Note: File three copies of this Form, one of which must be manually signed. If space is insufficient, see Instruction 6 for procedure.
Persons who respond to the collection of information contained in this form are not required to respond unless the form displays a currently valid OMB Number.
* Form 4: SEC 1474 (03-26)

FAQ

What insider transaction did WTBA director Sean Patrick McMurray report?

Sean Patrick McMurray reported receiving an award of 1,430 shares of West Bancorporation common stock. The award was structured as restricted stock units with a grant price of $0.00 per share, representing director equity compensation rather than an open-market stock purchase.

How many West Bancorporation (WTBA) shares did McMurray receive and at what price?

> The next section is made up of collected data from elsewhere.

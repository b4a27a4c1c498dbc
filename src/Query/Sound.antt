-- ===== src/Query/Sound.antt =====
-- What holds of a session after every call on it: its requests stay at the tenant's query endpoint
-- and carry the token there, and its counters stay within their limits.
pub mod Steps
pub mod Chunks
pub mod Arrow
pub mod Queries
pub mod Calls
use duckdb_data.Query.Types.{HttpRequest, QueryOptions, Session, QueryError, Run, M, bind_result}
use duckdb_data.Query.Checks.{trim_trailing_slash, is_trusted_tenant_url}
use duckdb_data.Base.{
  ℕ, ◌^◌, ◌≤◌, ◌<◌, ◌≡◌, sym, subst, true, false, List, ◌++◌, All, Bytes, codes, starts_with,
  Result, ok, err,
}

-- Where every request of the tenant `u` begins.
abbrev pub endpoint : Bytes → Bytes
endpoint u = trim_trailing_slash u ++ codes "/api/v3/query"

-- A request to the tenant's query endpoint, with the token, that follows no redirect.
abbrev pub IsConfined : Bytes → Bytes → HttpRequest → Type 0
IsConfined u token q =
    (starts_with (endpoint u) q.url ≡ true)
    × (q.authorization ≡ token)
    × (q.follow_redirects ≡ false)

-- The session's requests: the one that is kept, and those that were sent.
unfoldable pub AreConfined : Bytes → Bytes → Bytes → HttpRequest → List HttpRequest → Type 0
AreConfined u token instance_url request sent =
    (instance_url ≡ u) × IsConfined u token request × All (IsConfined u token) sent

-- The counters of a session with the options `o`.
unfoldable pub AreWithin : QueryOptions → QueryOptions → ℕ → ℕ → ℕ → Type 0
AreWithin o options rows cells bytes =
    (options ≡ o)
    × (rows ≤ o.max_rows)
    × (cells ≤ o.max_cells)
    × (bytes ≤ o.max_total_response_bytes)

-- The three limits are numbers of 64 bits.
abbrev pub Fits : QueryOptions → Type 0
Fits o = (o.max_rows < 2 ^ 64) × (o.max_cells < 2 ^ 64) × (o.max_total_response_bytes < 2 ^ 64)

abbrev pub IsSound : Bytes → Bytes → QueryOptions → Run → Type 0
IsSound u token o w =
    AreConfined u token w.session.instance_url w.session.request w.sent
    × AreWithin o w.session.options w.session.rows w.session.cells w.session.total_response_bytes

abbrev pub Keeps : {A : Type 0} → (Run → Type 0) → M A → Type 0
Keeps P m = (w : Run) → P w → P (m w).1

-- `v` with all that `IsSound` reads as it is in `w`.
abbrev pub patch : Run → Run → Run
patch w v = record v {
  sent = w.sent;
  session = record v.session {
    options = w.session.options;
    instance_url = w.session.instance_url;
    request = w.session.request;
    total_response_bytes = w.session.total_response_bytes;
    rows = w.session.rows;
    cells = w.session.cells;
  };
}

pub patched-IsSound :
    (u token : Bytes) (o : QueryOptions) (w v : Run)
    → v ≡ patch w v
    → IsSound u token o w
    → IsSound u token o v
patched-IsSound u token o w v e h = subst (IsSound u token o) (sym e) h

pub bind-Keeps :
    {A B : Type 0} (P Q : Run → Type 0) (x : Result QueryError A × Run) (f : A → M B)
    → Q x.1
    → ((w : Run) → Q w → P w)
    → ((a : A) (w : Run) → Q w → P (f a w).1)
    → P (bind_result x f).1
bind-Keeps P Q (ok a, w) f q weak k = k a w q
bind-Keeps P Q (err e, w) f q weak k = weak w q

pub then-Keeps :
    {A B : Type 0} (P : Run → Type 0) (x : Result QueryError A × Run) (f : A → M B)
    → P x.1
    → ((a : A) → Keeps P (f a))
    → P (bind_result x f).1
then-Keeps P (ok a, w) f p k = k a w p
then-Keeps P (err e, w) f p k = p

McMurray received 1,430 shares of West Bancorporation common stock at a stated price of $0.00 per share. This reflects a grant of restricted stock units as compensation, not a cash-funded purchase, and increases his direct equity exposure to the company.

What are the vesting terms of Sean Patrick McMurray’s WTBA restricted stock units?

The restricted stock units vest on the earlier of two dates. They vest either one year after the grant date, or at the next regularly scheduled annual stockholders’ meeting where directors stand for re-election, aligning the award with the director’s service period.

Is McMurray’s WTBA equity grant an open-market stock purchase?

No, McMurray’s 1,430 WTBA shares were acquired through a grant of restricted stock units. The transaction code indicates a grant or award, and the $0.00 per-share price confirms it is stock-based compensation rather than an open-market buy using personal cash.

How many WTBA shares does Sean Patrick McMurray hold after this transaction?

After the grant of 1,430 restricted stock unit shares, McMurray directly holds 48,560 shares of West Bancorporation common stock. This total reflects his position immediately following the reported award, as disclosed in the Form 4 ownership table.